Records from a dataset
-- ===== src/Files/Listing/Complete.antt =====
-- functions.c: the array of paths never overflows, and the listing is complete.
use planck.Files.Listing.{
  Paths, add_path, cut_slash, is_listed, path_in, list_loop, function_list_files,
}
use planck.Prelude.{
  ◌+◌, ◌*◌, ◌-◌, ◌<◌, ◌≡◌, refl, sym, ap, ◌∙◌, Option, some, List, [], ◌∷◌, ◌++◌, Bytes, Bool-cases,
  inl, inr, arith, append-nil, append_assoc, length, length-append, take-all, map, ◌==◌,
  if◌then◌else◌,
}

-- The names but "." and "..".
pub listed : List Bytes → List Bytes
listed [] = []
listed (name ∷ names) = if is_listed name then name ∷ listed names else listed names

abbrev pub under : Bytes → List Bytes → List Bytes
under path names = map (λ (name : Bytes). path ++ b'/' ∷ name) names

path_in_lem : (path name : Bytes) → path_in path name ≡ path ++ b'/' ∷ name
unfolding path_in
path_in_lem path name =
    take-all (length path + length name + 2 - 1) (path ++ b'/' ∷ name)
      (omega (arith, length-append path (b'/' ∷ name)))

add_path_lem :
    (path : Bytes) (p : Paths)
    → length p.paths < p.capacity
    → (p' : Paths) × (add_path path p ≡ some p')
      × (p'.paths ≡ p.paths ++ path ∷ [])
      × (length p'.paths < p'.capacity)
unfolding add_path
add_path_lem path p h = (
  record {
    capacity = if length p.paths + 1 == p.capacity then p.capacity * 2 else p.capacity;
    paths = p.paths ++ path ∷ [];
  },
  ground arith,
  refl,
  ground (arith, length-append p.paths (path ∷ [])),
)

list_loop_lem :
    (path : Bytes) (names : List Bytes) (p : Paths)
    → length p.paths < p.capacity
    → (p' : Paths) × (list_loop path names p ≡ some p')
      × (p'.paths ≡ p.paths ++ under path (listed names))
unfolding list_loop listed
list_loop_lem path [] p h = (p, refl, sym (append-nil p.paths))
list_loop_lem path (name ∷ names) p h = elim (Bool-cases (is_listed name)) [
  | inl shown ↦
      let (p1, e1, paths, room) = add_path_lem (path_in path name) p h in
      let (p2, e2, all) = list_loop_lem path names p1 room in
      (
        p2,
        rw shown (rw e1 e2),
        rw shown (
            all
            ∙ ap (λ (t : List Bytes). t ++ under path (listed names)) paths
            ∙ append_assoc p.paths (path_in path name ∷ []) (under path (listed names))
            ∙ ap (λ (t : Bytes). p.paths ++ t ∷ under path (listed names)) (path_in_lem path name)),
      )
  | inr hidden ↦
      let (p2, e2, all) = list_loop_lem path names p h in (p2, rw hidden e2, rw hidden all)
]

-- The files of a directory that can be opened are all its entries but "." and "..", in order,
-- each behind the path, from which one slash at the end has been cut, and a slash; the array is
-- never written outside, however many there are.
pub function_list_files_lem :
    (opendir : Bytes → Option (List Bytes)) (path : Bytes) {names : List Bytes}
    → opendir path ≡ some names
    → function_list_files opendir path ≡ some (under (cut_slash path) (listed names))
unfolding function_list_files
function_list_files_lem opendir path {names} e =
    let (p, run, all) =
      list_loop_lem (cut_slash path) names (record { capacity = 32; paths = [] }) (omega arith) in
    rw e (rw run (ap some all))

### Task requirements
Repeat the line that contains "-- each behind", then every line after it until the records end, with nothing added.

### Response below
-- each behind the path, from which one slash at the end has been cut, and a slash; the array is
-- never written outside, however many there are.
pub function_list_files_lem :
    (opendir : Bytes → Option (List Bytes)) (path : Bytes) {names : List Bytes}
    → opendir path ≡ some names
    → function_list_files opendir path ≡ some (under (cut_slash path) (listed names))
unfolding function_list_files
function_list_files_lem opendir path {names} e =
    let (p, run, all) =
      list_loop_lem (cut_slash path) names (record { capacity = 32; paths = [] }) (omega arith) in
    rw e (rw run (ap some all))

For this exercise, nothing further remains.